___ Available data

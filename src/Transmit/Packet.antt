-- ===== src/Transmit/Packet.antt =====
-- usbdpi.c, ST_SEND: the host sends exactly the bits of a packet, stuffed.
use ciexpert_usbdev.Base.{
  ◌∙◌, ℕ, zero, suc, ◌+◌, ◌≤◌, ◌<◌, ◌≡◌, refl, subst, ap, Bool, true, false, ◌⊎◌, some, List, [],
  ◌∷◌, ◌++◌, ◌==◌, get_elem?, arith, length, take, drop, length-drop, length-take,
}
use ciexpert_usbdev.Usb.{st_eop}
use ciexpert_usbdev.Transfer.{Transfer}
use ciexpert_usbdev.Context.{Ctx}
use ciexpert_usbdev.Bus.{set_driving}
use ciexpert_usbdev.Transmit.{transmit}
use ciexpert_usbdev.Transmit.Stuff.{settled, run, stuff, unstuff, unstuff-stuff}
use ciexpert_usbdev.Transmit.Step.{Sends, done, Sends-append, IsSending, end_step}
use ciexpert_usbdev.Transmit.Byte.{
  bits_from, byte_bits, Reaches, settle, settled_not_six, reach_both, send_byte,
}

abbrev pub packet_bits : List ℕ → List Bool
packet_bits [] = []
packet_bits (d ∷ ds) = byte_bits d ++ packet_bits ds

-- What stands first in the rest of a packet of `e` bytes.
rest_first :
    (k e : ℕ) (xs : List ℕ) (b : ℕ) (bs : List ℕ)
    → drop k (take e xs) ≡ b ∷ bs
    → (k < e) × (get_elem? xs k ≡ some b) × (drop (k + 1) (take e xs) ≡ bs)
rest_first zero zero xs b bs h = cc
rest_first (suc k) zero xs b bs h = cc
rest_first zero (suc e) [] b bs h = cc
rest_first (suc k) (suc e) [] b bs h = cc
rest_first zero (suc e) (x ∷ xs) b bs h =
    let y : some x ≡ some b = cc in let ys : take e xs ≡ bs = cc in (omega arith, y, ys)
rest_first (suc k) (suc e) (x ∷ xs) b bs h =
    let (lt, found, rest) = rest_first k e xs b bs h in
    let shift : suc k + 1 ≡ suc (k + 1) = omega arith in (omega arith, found, rw shift rest)

send_bytes :
    (bs : List ℕ) {c : Ctx} {t : Transfer} {n : ℕ} (d2p : ℕ)
    → IsSending c t n
    → c.bit ≡ 1
    → c.byte ≤ t.num_bytes
    → t.num_bytes ≤ length t.data_bytes
    → drop c.byte (take t.num_bytes t.data_bytes) ≡ bs
    → (t.data_start ≤ c.byte) ⊎ (t.num_bytes < t.data_start)
    → Reaches d2p c t n (packet_bits bs) 1 t.num_bytes
send_bytes [] {c} {t} {n} d2p s b le fits rest stop = record {
  after = c;
  sent = done;
  still = s;
  bit_at = b;
  byte_at = omega (
    arith,
    ap length rest,
    length-drop c.byte (take t.num_bytes t.data_bytes),
    length-take t.num_bytes t.data_bytes,
  );
}
send_bytes (d ∷ ds) {c} {t} {n} d2p s b le fits rest stop =
    let (lt, found, next) = rest_first c.byte t.num_bytes t.data_bytes d ds rest in
    let go : (c.byte + 1 == t.data_start) ≡ false = ground arith in
    let r : Reaches d2p c t n (byte_bits d) 1 (c.byte + 1) =
      subst (λ (m : ℕ). Reaches d2p c t n (bits_from 8 m d) 1 (c.byte + 1)) b
        (send_byte 7 d2p d (rw b refl) (omega (arith, b)) s lt found go) in
    reach_both r (
      send_bytes ds d2p r.still r.bit_at (omega (arith, r.byte_at)) fits (rw r.byte_at next)
        (ground (arith, r.byte_at)))

-- The rest of a packet has been sent, and the packet is about to end.
pub record SentAll (d2p : ℕ) (bs : List ℕ) (c : Ctx) (t : Transfer) (n : ℕ) : Type 0 where
  pub after : Ctx
  pub sent : Sends d2p c (stuff n (packet_bits bs)) after
  pub still : IsSending after t (settled (run n (packet_bits bs)))
  pub byte_at : after.byte ≡ t.num_bytes

pub send_all :
    (bs : List ℕ) (c : Ctx) (t : Transfer) (n d2p : ℕ)
    → IsSending c t n
    → c.bit ≡ 1
    → c.byte ≤ t.num_bytes
    → t.num_bytes ≤ length t.data_bytes
    → drop c.byte (take t.num_bytes t.data_bytes) ≡ bs
    → (t.data_start ≤ c.byte) ⊎ (t.num_bytes < t.data_start)
    → SentAll d2p bs c t n
send_all bs c t n d2p s b le fits rest stop =
    let r = send_bytes bs d2p s b le fits rest stop in
    let (e, flushed, settles, _, byte_same) = settle d2p r.still in
    record {
      after = e;
      sent = Sends-append r.sent flushed;
      still = settles;
      byte_at = byte_same ∙ r.byte_at;
    }

-- While it sends a packet that no other follows, the host puts on the line exactly the bits of the
-- bytes that are left, with a zero after every six ones, counting the `n` ones in front of them. A
-- receiver that drops the stuffed bits gets the bytes' bits back. Then comes the end of the packet.
pub transmit-stuff :
    (bs : List ℕ) (c : Ctx) (t : Transfer) (n d2p : ℕ)
    → IsSending c t n
    → c.bit ≡ 1
    → c.byte ≤ t.num_bytes
    → t.num_bytes ≤ length t.data_bytes
    → drop c.byte (take t.num_bytes t.data_bytes) ≡ bs
    → (t.data_start ≤ c.byte) ⊎ (t.num_bytes < t.data_start)
    → (e : Ctx) × Sends d2p c (stuff n (packet_bits bs)) e
      × (unstuff n (stuff n (packet_bits bs)) ≡ packet_bits bs)
      × (transmit e d2p
          ≡ some (record e { state = st_eop; driving = set_driving e d2p 0 true; bit = 1 }))
transmit-stuff bs c t n d2p s b le fits rest stop =
    let a = send_all bs c t n d2p s b le fits rest stop in
    (
      a.after,
      a.sent,
      unstuff-stuff n (packet_bits bs),
      end_step d2p a.still (settled_not_six (run n (packet_bits bs))) (omega (arith, a.byte_at)),
    )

______

*Exercise*
Reprint exactly the lines above that start at the one with "d2p bs c t n" and end at the one with "sent = Sends-append r.sent flushed;", keeping both and adding none.

*Reply to the task*
    → SentAll d2p bs c t n
send_all bs c t n d2p s b le fits rest stop =
    let r = send_bytes bs d2p s b le fits rest stop in
    let (e, flushed, settles, _, byte_same) = settle d2p r.still in
    record {
      after = e;
      sent = Sends-append r.sent flushed;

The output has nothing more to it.